James S. Wunsch (1990) notes that centralist policies are found to varying

degrees in every post-colonial African state. These policies include creation of one-party

or no-party regimes, economic development strategies based on national planning and the

creation of a bloated bureaucracy in order to carry them out, the concentration of

legitimate authority in the hands of a single executive, attempts to abolish indigenous

local-level governance structures (which are viewed as potential competitors to the

centralized regime), and financial centralization (Wunsch 1990, 47-68). After coming to

power, the Barre regime immediately began to implement every one of these centralist

policies.

Within forty-eight hours of the coup, Barre’s Socialist Revolutionary Council

(SRC) banned all political activity, including membership in political parties, thereby

creating a no-party regime. All of the institutions of the civilian government were also

abolished by the SRC, which took on the previous functions of the President, Council of

Ministers, National Assembly, and Supreme Court. At the local and regional levels,

military or SRC functionaries directly accountable to the central government were


appointed as district and provincial officials. In May 1970, the SRC began to nationalize

oil distributing companies, all foreign banks, the Italo-Somali Electric Society, and SNAI

(the jointly owned Italian-Somali sugar industry) (Ahmed I. Samatar 1988, 87-88).

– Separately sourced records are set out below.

-- ===== src/Cpu/Context.antt =====
-- src/thread/context.rs: the saved registers of a thread, and the two switches.
use molt_os.Prelude.{ℕ, ◌+◌, List, [], ◌∷◌}
use molt_os.Cpu.{
  Register, rax, rcx, rdx, rbx, rsp, rbp, rsi, rdi, r8, r9, r10, r11, r12, r13, r14, r15,
  Instruction, mov, load, save, push_at, pop_at, pushfq, popfq, cli, sti, ret, btr_if,
}

-- The fields in order; `registers` names the general ones.
pub record ThreadContext : Type 0 where
  pub rip : ℕ
  pub rflags : ℕ
  pub registers : Register → ℕ

-- `ThreadContext::default`.
abbrev pub default_context : ThreadContext
default_context = record { rip = 0; rflags = 0x202; registers = λ r. 0 }

-- The offset of a register's field.
abbrev pub offset : Register → ℕ
offset rsp = 0
offset rbx = 16
offset rbp = 24
offset r12 = 32
offset r13 = 40
offset r14 = 48
offset r15 = 56
offset rax = 64
offset rcx = 72
offset rdx = 80
offset rsi = 88
offset rdi = 96
offset r8 = 104
offset r9 = 112
offset r10 = 120
offset r11 = 128

-- The context that stands in memory at an address.
abbrev pub context_at : (ℕ → ℕ) → ℕ → ThreadContext
context_at memory a = record {
  rip = memory (a + 8);
  rflags = memory (a + 136);
  registers = λ r. memory (a + offset r);
}

unfoldable pub context_switch : List Instruction
context_switch =
    pushfq
    ∷ pop_at rdi 136
    ∷ cli
    ∷ save rdi 0 rsp
    ∷ load rax rsp 0
    ∷ save rdi 8 rax
    ∷ save rdi 16 rbx
    ∷ save rdi 24 rbp
    ∷ save rdi 32 r12
    ∷ save rdi 40 r13
    ∷ save rdi 48 r14
    ∷ save rdi 56 r15
    ∷ mov rdi rsi
    ∷ load rsp rdi 0
    ∷ load rbx rdi 16
    ∷ load rbp rdi 24
    ∷ load r12 rdi 32
    ∷ load r13 rdi 40
    ∷ load r14 rdi 48
    ∷ load r15 rdi 56
    ∷ load rax rdi 64
    ∷ load rcx rdi 72
    ∷ load rdx rdi 80
    ∷ load rsi rdi 88
    ∷ load r8 rdi 104
    ∷ load r9 rdi 112
    ∷ load r10 rdi 120
    ∷ load r11 rdi 128
    ∷ push_at rdi 136
    ∷ btr_if
    ∷ popfq
    ∷ load rdi rdi 96
    ∷ sti
    ∷ ret
    ∷ []

unfoldable pub context_switch_to : List Instruction
context_switch_to =
    load rsp rdi 0
    ∷ load rbx rdi 16
    ∷ load rbp rdi 24
    ∷ load r12 rdi 32
    ∷ load r13 rdi 40
    ∷ load r14 rdi 48
    ∷ load r15 rdi 56
    ∷ load rax rdi 64
    ∷ load rcx rdi 72
    ∷ load rdx rdi 80
    ∷ load rsi rdi 88
    ∷ load r8 rdi 104
    ∷ load r9 rdi 112
    ∷ load r10 rdi 120
    ∷ load r11 rdi 128
    ∷ push_at rdi 136
    ∷ btr_if
    ∷ popfq
    ∷ load rdi rdi 96
    ∷ sti
    ∷ ret
    ∷ []
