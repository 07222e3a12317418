-- ===== src/Scheduler/Global.antt =====
-- src/thread/scheduler.rs and src/thread/mod.rs: the scheduler behind the global lock, and the two
-- functions that leave a thread through it.
use molt_os.Prelude.{ℕ, ◌+◌, Option, none, some, ◌==◌, ◌||◌, if◌then◌else◌, Checked, ok, ◌>>=◌}
use molt_os.Scheduler.Thread.{Thread}
use molt_os.Scheduler.Eevdf
use molt_os.Scheduler.Eevdf.{EevdfScheduler}
use molt_os.Cpu.{Cpu, rdi, rsi, set, exec, clear_if}
use molt_os.Cpu.Context.{context_switch}

-- `bootstrap_ctx` is the address of the field, whose contents stand in memory.
pub record Scheduler : Type 0 where
  pub eevdf : EevdfScheduler
  pub bootstrap_ctx : ℕ

-- `Scheduler::new`, placed so that its bootstrap context is at an address.
abbrev pub new : ℕ → Scheduler
new bootstrap_ctx = record { eevdf = Eevdf.new; bootstrap_ctx = bootstrap_ctx }

abbrev pub spawn : Scheduler → Thread → Scheduler
spawn s t = record s { eevdf = Eevdf.spawn s.eevdf t }

abbrev pub spawn_with_weight : Scheduler → Thread → ℕ → Scheduler
spawn_with_weight s t weight = record s { eevdf = Eevdf.spawn_with_weight s.eevdf t weight }

abbrev pub len : Scheduler → ℕ
len s = Eevdf.len s.eevdf

abbrev pub current_thread_id : Scheduler → Checked (Option ℕ)
current_thread_id s = Eevdf.current_thread_id s.eevdf

abbrev pub unblock_thread : Scheduler → ℕ → Checked Scheduler
unblock_thread s id = do eevdf ← Eevdf.unblock_thread s.eevdf id; ok (record s { eevdf = eevdf })

abbrev pub tick_prepare : Scheduler → ℕ → Checked (Scheduler × Option (ℕ × ℕ))
tick_prepare s current_tick = do
  (eevdf, switch) ← Eevdf.tick_prepare s.eevdf s.bootstrap_ctx current_tick
  ok (record s { eevdf = eevdf }, switch)

abbrev pub block_current_and_prepare_switch : Scheduler → ℕ → Checked (Scheduler × Option (ℕ × ℕ))
block_current_and_prepare_switch s current_tick = do
  (eevdf, switch) ← Eevdf.block_current_and_prepare_switch s.eevdf s.bootstrap_ctx current_tick
  ok (record s { eevdf = eevdf }, switch)

-- What a pass of `enter_scheduler`'s loop, or a call of `block_and_yield`, does once the scheduler has
-- been asked: run in another thread, stop for a context that cannot be run, or wait with interrupts
-- enabled for there to be one.
pub data Left : Type 0 where
  switched : Cpu → Left
  halted : Left
  waits : Left

-- The call `context_switch(from, to)`; interrupts are off, since the lock was taken and is released
-- without restoring them.
abbrev pub call_switch : ℕ → ℕ → Cpu → Cpu
call_switch from to s =
    exec context_switch
      (record s { registers = set (set s.registers rdi from) rsi to; rflags = clear_if s.rflags })

abbrev pub enter_with : Option (ℕ × ℕ) → Cpu → Left
enter_with none s = waits
enter_with (some (from, to)) s =
    if (to == 0) || (s.memory (to + 0) == 0) then halted else switched (call_switch from to s)

-- One pass of the loop of `enter_scheduler`.
unfoldable pub enter_scheduler : Scheduler → ℕ → Cpu → Checked (Scheduler × Left)
enter_scheduler sched ticks s = do
  (sched', switch) ← tick_prepare sched ticks
  ok (sched', enter_with switch s)

abbrev pub yield_with : Option (ℕ × ℕ) → Cpu → Left
yield_with none s = waits
yield_with (some (from, to)) s = switched (call_switch from to s)

unfoldable pub block_and_yield : Scheduler → ℕ → Cpu → Checked (Scheduler × Left)
block_and_yield sched ticks s = do
  (sched', switch) ← block_current_and_prepare_switch sched ticks
  ok (sched', yield_with switch s)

Shortly after Barre announced on 21 October 1970 that “scientific socialism” was the

ideology guiding the SRC, it was announced that more nationalization would take

place.10 Barre believed that scientific socialism would be able “to turn this ‘nation of

nomads’ into a modern socialist state, to which people could look for leadership, security

and welfare instead of the clan” (Bradbury 1997, 6). This meant, in essence, that the state

was attempting to replace the system of kinship and xeer that had regulated person-to-

person relationships in Somalia for centuries.

To this end, the Barre regime took extensive efforts to eradicate all vestiges of

“tribalism”. In 1970-71, a national campaign against tribalism was undertaken, which

included demonstrations and the burning or burying of effigies that symbolized tribalism,

corruption, misrule, and corruption. The death penalty was introduced in an effort to

replace the traditional dia system. This was a fundamental challenge to the concept of

xeer; the ‘death penalty’ did not exist under the xeer system, instead, the harshest penalty

that could be imposed upon a clan member bound by xeer was banishment from the clan.

Individuals could no longer refer to their ‘ex-clan’ as they had at the end of colonial rule

and during the civilian regime. Furthermore, the term ‘cousin’, the traditional way to

address a member of the same clan, was outlawed and replaced with the term ‘comrade’.

Marriages, which were the traditional way to create a connection between loosely-bound

lineage groups, were ordered to be held at newly-built orientation centers, and were

10
Indeed, a stated goal of the SRC was to “nationalize the commanding heights of the economy” (ibid.,
p. 89).
stripped of any clan significance. The Akils system was manipulated once again as the

title of Akil was changed to ‘peace-keeper’, and the position became part of the state

apparatus. Finally, regions were renamed to exclude any reference to clan lineage.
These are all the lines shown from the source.